Abstract

Angiotensin Converting Enzyme (ACE) or Kininase II has a pivotal role determining the local activity of the renin angiotensin and kallikrein kinin systems. Angiotensin II (Ang II), a main hormone of the renin system, has a well established participation as a renal injury agent in models of renal disease with tubulointerstitial fibrosis. Although, since its discovery, ACE has been known to convert Ang I to Ang II, and to inactivate bradykinin (BK), only recently has been emerged evidence for a role of BK with renal protective and antifibrotic effects opposing Ang II. Pertinent to the tubulointerstitial injury, where infiltration and proliferation of macrophages and fibroblast occur, ACE also regulates the levels of the natural hemoregulatory peptide, N-acetyl-seryl-aspartyl-lysyl-proline (Ac-SDKP).
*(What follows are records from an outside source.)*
-- ===== src/Reconcile/Preparing.antt =====
-- controllers/directoryservice_controller.go: the steps up to the stateful set, and what later steps
-- keep of them.
use mathlib.Core.Path.{subst}
use ds_operator.Prelude.{
  ℕ, ◌<◌, pos, Bool, ◌≡◌, ◌≢◌, refl, sym, ◌∙◌, inl, inr, some, ok, Ends, Ends-bind, Ends_mono,
  ◌>>=◌,
}
use ds_operator.Kube.Meta.{Key, key_of}
use ds_operator.Kube.Workloads.{StatefulSet, Deployment}
use ds_operator.Kube.Objects.{Kind}
use ds_operator.Kube.Client.{Client}
use ds_operator.Kube.Client.Laws
use ds_operator.Kube.Client.Frames.{
  Frame, Frame-same, Frame-trans, Frame-OnlyKind, Frame-OnlyAt, Frame-subset,
}
use ds_operator.Api.Types.{DirectoryService}
use ds_operator.Claims.{reconcile_pvc}
use ds_operator.Claims.Loop.{reconcile_pvc-ends}
use ds_operator.Secrets.{reconcile_secrets}
use ds_operator.Secrets.Outcome.{Ready, reconcile_secrets-Keeps}
use ds_operator.StatefulSets.{reconcile_sts}
use ds_operator.StatefulSets.Alignment.{HasContainers}
use ds_operator.StatefulSets.Updates.{reconcile_sts-Reconciled}
use ds_operator.Services.{proxy_key}
use ds_operator.Proxies.Alignment.{HasProxyContainers}
use ds_operator.Ldap.{Directory}
use ds_operator.Reconcile.{prepare_pods}
use ds_operator.Reconcile.Pods.{AllClaims, Ready-Careful}
use ds_operator.Reconcile.Reach.{Reach, ReachOf, IsPods, IsSnapshots, Like}

module _ {W : Type 0} (api : Client W) (dir : Directory W) (dev_mode debug : Bool)
    (draw : W → ℕ → ℕ → ℕ) (law : Laws.IsLawful api)
    (below : (w : W) (m j : ℕ) → 0 < m → draw w m j < m) (ds : DirectoryService) (n : ℕ) where
  -- What the reconciler needs of the objects that are there already.
  pub record Fit (w : W) : Type 0 where
    pub replicas : ds.spec.replicas ≡ some (pos n)
    pub secrets : Ready api draw ds law below ds.spec.passwords w
    pub set :
        (s : StatefulSet) → api.get Kind.stateful_set (key_of ds.meta) w ≡ ok s → HasContainers s
    pub deployment :
        (d : Deployment)
        → api.get Kind.deployment (proxy_key api ds) w ≡ ok d
        → HasProxyContainers d

  abbrev pub PodsReady : W → Type 0
  PodsReady w =
      AllClaims api dir dev_mode debug draw law below ds n w
      × ((sts : StatefulSet) × (api.get Kind.stateful_set (key_of ds.meta) w ≡ ok sts))

  pub prepare_pods-Frame :
      (w : W)
      → Fit w
      → Ends
          (prepare_pods api dir dev_mode debug draw ds)
          w
          (λ ds' w'. Frame api (ReachOf IsPods ds) w w' × Like ds ds')
          (λ e w'. Frame api (ReachOf IsPods ds) w w')
  unfolding prepare_pods
  prepare_pods-Frame w fit =
      Ends-bind (reconcile_pvc api ds)
        (λ x. reconcile_secrets api draw ds >>= (λ y. reconcile_sts api debug ds ds.meta.name)) w
        (Ends_mono (λ x w1 p. p)
          (λ e w1 c. Frame-OnlyKind api Kind.claim (λ key. (inl refl, tt)) c.only)
          (reconcile_pvc-ends api ds law n w fit.replicas))
        (λ x w1 (c, all).
          let f1 = Frame-OnlyKind api Kind.claim (λ key. (inl refl, tt)) c.only in
          Ends-bind (reconcile_secrets api draw ds) (λ y. reconcile_sts api debug ds ds.meta.name)
            w1
            (Ends_mono (λ y w2 p. p)
              (λ e w2 k.
                Frame-trans api f1
                  (Frame-OnlyKind api Kind.secret (λ key. (inr (inl refl), tt)) k.only))
              (reconcile_secrets-Keeps api draw ds law below w1
                (Ready-Careful api dir dev_mode debug draw law below ds n w w1 c fit.secrets)))
            (λ y w2 (k, done).
              let f2 =
                Frame-trans api f1
                  (Frame-OnlyKind api Kind.secret (λ key. (inr (inl refl), tt)) k.only) in
              Ends_mono
                (λ ds' w3 made. (
                  Frame-trans api f2 (
                      Frame-OnlyAt api Kind.stateful_set (key_of ds.meta) (inr (inr refl), refl)
                        made.elsewhere),
                  elim made.how [
                    | inl (new, same) ↦ subst (Like ds) (sym same) refl
                    | inr (old, same) ↦ subst (Like ds) (sym same) refl
                  ],
                ))
                (λ e w3 same. Frame-trans api f2 (Frame-same api w2 w3 same))
                (reconcile_sts-Reconciled api debug ds ds.meta.name law w2 (λ s g. fit.set s (
                  sym (c.only.at Kind.stateful_set (key_of ds.meta) (λ e. cc))
                  ∙ sym (k.only.at Kind.stateful_set (key_of ds.meta) (λ e. cc))
                  ∙ g)))))

  -- What an object of a kind that a step does not touch is afterwards.
  pub kept_by :
      {K : Kind → Type 0} {w w' : W} (k : Kind) (key : Key)
      → (K k → ⊥)
      → Frame api (ReachOf K ds) w w'
      → api.get k key w' ≡ api.get k key w
  kept_by k key n f = f.at k key (λ t. n t.0)

  pub pods-kept :
      {K : Kind → Type 0} {w w' : W}
      → (K Kind.claim → ⊥)
      → (K Kind.stateful_set → ⊥)
      → Frame api (ReachOf K ds) w w'
      → PodsReady w
      → PodsReady w'
  pods-kept no_claim no_set f (claims, (sts, g)) = (
    (λ j h. let (o, g) = claims j h in (o, kept_by Kind.claim _ no_claim f ∙ g)),
    (sts, kept_by Kind.stateful_set (key_of ds.meta) no_set f ∙ g),
  )

  pub to_reach :
      {K : Kind → Type 0} {w w' : W} → Frame api (ReachOf K ds) w w' → Frame api (Reach ds) w w'
  to_reach f = Frame-subset api (λ k key t. t.1) f

  pub snapshots-not :
      (k : Kind) → (k ≢ Kind.snapshot) → (k ≢ Kind.directory_service) → IsSnapshots k → ⊥
  snapshots-not k n n' (inl e) = n e
  snapshots-not k n n' (inr e) = n' e

  pub pods-not :
      (k : Kind) → (k ≢ Kind.claim) → (k ≢ Kind.secret) → (k ≢ Kind.stateful_set) → IsPods k → ⊥
  pods-not k n n' n'' (inl e) = n e
  pods-not k n n' n'' (inr (inl e)) = n' e
  pods-not k n n' n'' (inr (inr e)) = n'' e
Owing the importance of tissue ACE, its distribution was studied in several models of renal injury. The results showed increased ACE in proximal tubules and ACE induction in the cell infiltrated tubulointerstitium (macrophages and myofibroblasts) of injured kidneys from hypokalemic, Goldblatt hypertensive, Ang II and phenylefrine infused rats, and in both human diabetic and membranous nephropathies. ACE, in addition to Ang II generation, may play a pathogenic role through the hydrolysis of BK and Ac-SDKP. Thus, local increase in ACE can be a novel mechanism involved in tubulointerstitial renal injury, providing, from an anatomical ground, a pathological basis for the putative deleterious effect of ACE in the diseased kidneys, and the beneficial effect of ACE inhibition.